-- ===== src/Wgtun/Plan/Resolvers.antt =====
-- The loop over the resolvers in `planNetwork` of pkg/wgtun/netplan.go, and `planNetwork` itself.
use claimward_vpn_client.Common.{
  ◌≡◌, refl, sym, ap, ◌∙◌, ◌↔◌, ◌⊎◌, inl, inr, String, List, [], ◌∷◌, ◌++◌, Bool, true, false,
  if◌then◌else◌, All, In,
}
use claimward_vpn_client.Errors.{Result, ok, err, Result-cases}
use claimward_vpn_client.Wire.{TunnelConfig}
use claimward_vpn_client.Wgtun.Addresses.{Prefix, Zoned, Syntax, is4, unmap_zoned}
use claimward_vpn_client.Wgtun.Plan.{
  NetPlan, Routing, no_routes, add_routes, resolver_added, add_resolvers, routing_plan,
  plan_network,
}
use claimward_vpn_client.Wgtun.Plan.Sorting.{Ascending, In-sort, sort-Ascending}
use claimward_vpn_client.Wgtun.Plan.Routed.{From, Default, Default-iff, Kept, add_routes_lem}

abbrev pub Parses : {A : Type 0} → Result A → Type 0
Parses (ok a) = Unit
Parses (err e) = ⊥

abbrev of_family : Bool → Bool → Zoned → List Zoned
of_family true true a = a ∷ []
of_family true false a = []
of_family false true a = []
of_family false false a = a ∷ []

abbrev resolver : Bool → Result Zoned → List Zoned
resolver b (err e) = []
resolver b (ok a) = of_family b (is4 (unmap_zoned a).addr) (unmap_zoned a)

-- The resolvers of one family in the order of the list.
abbrev pub resolvers : Syntax → Bool → List String → List Zoned
resolvers syn b [] = []
resolvers syn b (s ∷ ss) = resolver b (syn.parse_addr s) ++ resolvers syn b ss

-- Some entry of the list gives a default route of the family.
abbrev pub DefaultFrom : Syntax → List String → Bool → Type 0
DefaultFrom syn ss b = (r : Prefix) × From syn ss r × (is4 r.addr ≡ b) × (r.bits ≡ 0)

-- What a plan owes the configuration that it is for.
pub record Planned (syn : Syntax) (cfg : TunnelConfig) (p : NetPlan) : Type 0 where
  pub address_lem : syn.parse_prefix cfg.address ≡ ok p.address
  pub mtu_lem : p.mtu ≡ cfg.mtu
  pub routes4_iff :
      (r : Prefix) → In r p.routes4 ↔ (From syn cfg.allowed_ips r × (is4 r.addr ≡ true))
  pub routes6_iff :
      (r : Prefix) → In r p.routes6 ↔ (From syn cfg.allowed_ips r × (is4 r.addr ≡ false))
  pub routes4_ascending : Ascending p.routes4
  pub routes6_ascending : Ascending p.routes6
  pub default4_iff : (p.default4 ≡ true) ↔ DefaultFrom syn cfg.allowed_ips true
  pub default6_iff : (p.default6 ≡ true) ↔ DefaultFrom syn cfg.allowed_ips false
  pub dns4_lem : p.dns4 ≡ resolvers syn true cfg.dns
  pub dns6_lem : p.dns6 ≡ resolvers syn false cfg.dns

append_nil : (xs : List Zoned) → xs ++ [] ≡ xs
append_nil [] = refl
append_nil (x ∷ xs) = ap (λ t. x ∷ t) (append_nil xs)

append_assoc : (xs ys zs : List Zoned) → (xs ++ ys) ++ zs ≡ xs ++ (ys ++ zs)
append_assoc [] ys zs = refl
append_assoc (x ∷ xs) ys zs = ap (λ t. x ∷ t) (append_assoc xs ys zs)

-- The plan with resolvers added.
abbrev more : NetPlan → List Zoned → List Zoned → NetPlan
more p four six = record p { dns4 = p.dns4 ++ four; dns6 = p.dns6 ++ six }

more_resolver :
    (p : NetPlan) (i : Bool) (a : Zoned) (four six : List Zoned)
    → more
        (if i then record p { dns4 = p.dns4 ++ a ∷ [] } else record p { dns6 = p.dns6 ++ a ∷ [] })
        four
        six
      ≡ more p (of_family true i a ++ four) (of_family false i a ++ six)
more_resolver p true a four six = simp append_assoc refl
more_resolver p false a four six = simp append_assoc refl

add_resolvers_lem :
    (syn : Syntax) (p : NetPlan) (ss : List String) (p' : NetPlan)
    → add_resolvers syn p ss ≡ ok p'
    → p' ≡ more p (resolvers syn true ss) (resolvers syn false ss)
unfolding add_resolvers
add_resolvers_lem syn p [] p' h = let e : p ≡ p' = cc in sym e ∙ simp append_nil refl
add_resolvers_lem syn p (s ∷ ss) p' h = elim (Result-cases (syn.parse_addr s)) [
  | inr (e, f) ↦ let h' = simp f at h in cc
  | inl (a, f) ↦
      let h' : add_resolvers syn (resolver_added p (unmap_zoned a)) ss ≡ ok p' = simp f at h in
      let ih = add_resolvers_lem syn (resolver_added p (unmap_zoned a)) ss p' h' in
      rw f (
        ih
        ∙ more_resolver p (is4 (unmap_zoned a).addr) (unmap_zoned a) (resolvers syn true ss)
            (resolvers syn false ss))
]

add_resolvers-Parses :
    (syn : Syntax) (p : NetPlan) (ss : List String)
    → Parses (add_resolvers syn p ss) ↔ All (λ s. Parses (syn.parse_addr s)) ss
unfolding add_resolvers
add_resolvers-Parses syn p [] = (λ h. tt, λ h. tt)
add_resolvers-Parses syn p (s ∷ ss) = elim (Result-cases (syn.parse_addr s)) [
  | inr (e, f) ↦ rw f (λ h. absurd h, λ h. h.0)
  | inl (a, f) ↦
      let ih = add_resolvers-Parses syn (resolver_added p (unmap_zoned a)) ss in
      rw f (λ h. (tt, ih.0 h), λ h. ih.1 h.1)
]

no_routes-Kept : Kept no_routes
no_routes-Kept = record {
  seen_split = λ r. (λ h. inl h, λ h. elim h [ inl m ↦ m | inr m ↦ m ]);
  four_is4 = λ r m. absurd m;
  six_is4 = λ r m. absurd m;
  four_distinct = tt;
  six_distinct = tt;
  default4_iff = (λ h. cc, λ h. absurd h);
  default6_iff = (λ h. cc, λ h. absurd h);
}

iff_trans : {A B C : Type 0} → A ↔ B → B ↔ C → A ↔ C
iff_trans f g = (λ a. g.0 (f.0 a), λ c. f.1 (g.1 c))

module _ (syn : Syntax) (cfg : TunnelConfig) where
  routing : Routing
  routing = add_routes syn no_routes cfg.allowed_ips

  routing-Kept : Kept routing
  unfolding routing
  routing-Kept = (add_routes_lem syn no_routes cfg.allowed_ips no_routes-Kept).0

  routing-From : (r : Prefix) → (In r routing.four ⊎ In r routing.six) ↔ From syn cfg.allowed_ips r
  unfolding routing
  routing-From r =
      let k = add_routes_lem syn no_routes cfg.allowed_ips no_routes-Kept in
      let s = k.0.seen_split r in
      let f = k.1 r in
      (λ h. elim (f.0 (s.1 h)) [ inl n ↦ absurd n | inr m ↦ m ], λ m. s.0 (f.1 (inr m)))

  four_iff : (r : Prefix) → In r routing.four ↔ (From syn cfg.allowed_ips r × (is4 r.addr ≡ true))
  four_iff r = (
    λ m. ((routing-From r).0 (inl m), routing-Kept.four_is4 r m),
    λ h. elim ((routing-From r).1 h.0) [
      | inl m ↦ m
      | inr m ↦ let e = routing-Kept.six_is4 r m in let i = h.1 in cc
    ],
  )

  six_iff : (r : Prefix) → In r routing.six ↔ (From syn cfg.allowed_ips r × (is4 r.addr ≡ false))
  six_iff r = (
    λ m. ((routing-From r).0 (inr m), routing-Kept.six_is4 r m),
    λ h. elim ((routing-From r).1 h.0) [
      | inr m ↦ m
      | inl m ↦ let e = routing-Kept.four_is4 r m in let i = h.1 in cc
    ],
  )

  Default-From :
      (b : Bool) (rs : List Prefix)
      → ((r : Prefix) → In r rs ↔ (From syn cfg.allowed_ips r × (is4 r.addr ≡ b)))
      → Default rs ↔ DefaultFrom syn cfg.allowed_ips b
  Default-From b rs f = (
    λ d. let (r, m, z) = (Default-iff rs).0 d in (r, ((f r).0 m).0, ((f r).0 m).1, z),
    λ d. (Default-iff rs).1 (d.0, (f d.0).1 (d.1, d.2), d.3),
  )

  Planned_lem :
      (p : NetPlan) (a : Prefix)
      → syn.parse_prefix cfg.address ≡ ok a
      → p
        ≡ more
            (routing_plan cfg a routing)
            (resolvers syn true cfg.dns)
            (resolvers syn false cfg.dns)
      → Planned syn cfg p
  Planned_lem p a f e = record {
    address_lem = f ∙ ap (λ (q : NetPlan). ok q.address) (sym e);
    mtu_lem = ap (λ (q : NetPlan). q.mtu) e;
    routes4_iff = λ r. rw e (iff_trans (In-sort r routing.four) (four_iff r));
    routes6_iff = λ r. rw e (iff_trans (In-sort r routing.six) (six_iff r));
    routes4_ascending = rw e (sort-Ascending routing.four routing-Kept.four_distinct);
    routes6_ascending = rw e (sort-Ascending routing.six routing-Kept.six_distinct);
    default4_iff =
        rw e (iff_trans routing-Kept.default4_iff (Default-From true routing.four four_iff));
    default6_iff =
        rw e (iff_trans routing-Kept.default6_iff (Default-From false routing.six six_iff));
    dns4_lem = ap (λ (q : NetPlan). q.dns4) e;
    dns6_lem = ap (λ (q : NetPlan). q.dns6) e;
  }

-- A plan that `planNetwork` makes has the parsed address and the MTU of the configuration. For each
-- family, its routes are exactly those that an entry of the allowed addresses gives once unmapped and
-- masked, in strictly ascending order, so each once; the default flag is set exactly when one of
-- these has no bits; and its resolvers are those of the family in the order of the configuration.
pub plan_network-Planned :
    (syn : Syntax) (cfg : TunnelConfig) (p : NetPlan)
    → plan_network syn cfg ≡ ok p
    → Planned syn cfg p
unfolding plan_network routing
plan_network-Planned syn cfg p h = elim (Result-cases (syn.parse_prefix cfg.address)) [
  | inr (e, f) ↦ let h' = simp f at h in cc
  | inl (a, f) ↦
      let plan = routing_plan cfg a (routing syn cfg) in
      let h' : add_resolvers syn plan cfg.dns ≡ ok p = simp f at h in
      let e = add_resolvers_lem syn plan cfg.dns p h' in Planned_lem syn cfg p a f e
]

-- `planNetwork` makes a plan exactly when the address and every resolver parse; no entry of the
-- allowed addresses can make it fail.
pub plan_network-Parses :
    (syn : Syntax) (cfg : TunnelConfig)
    → Parses (plan_network syn cfg)
      ↔ (Parses (syn.parse_prefix cfg.address) × All (λ s. Parses (syn.parse_addr s)) cfg.dns)
unfolding plan_network
plan_network-Parses syn cfg = elim (Result-cases (syn.parse_prefix cfg.address)) [
  | inr (e, f) ↦ rw f (λ h. absurd h, λ h. h.0)
  | inl (a, f) ↦
      let r =
        add_resolvers-Parses syn (routing_plan cfg a (add_routes syn no_routes cfg.allowed_ips))
          cfg.dns in
      rw f (λ h. (tt, r.0 h), λ h. r.1 h.1)
]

+-------+

#### [TASK DETAILS]
Taking the lines above, repeat exactly those from the line that contains "no entry of the" through the line that contains "(plan_network syn cfg)", and both of those lines as well. Include nothing else.

#### [RESPONSE AREA]
-- `planNetwork` makes a plan exactly when the address and every resolver parse; no entry of the
-- allowed addresses can make it fail.
pub plan_network-Parses :
    (syn : Syntax) (cfg : TunnelConfig)
    → Parses (plan_network syn cfg)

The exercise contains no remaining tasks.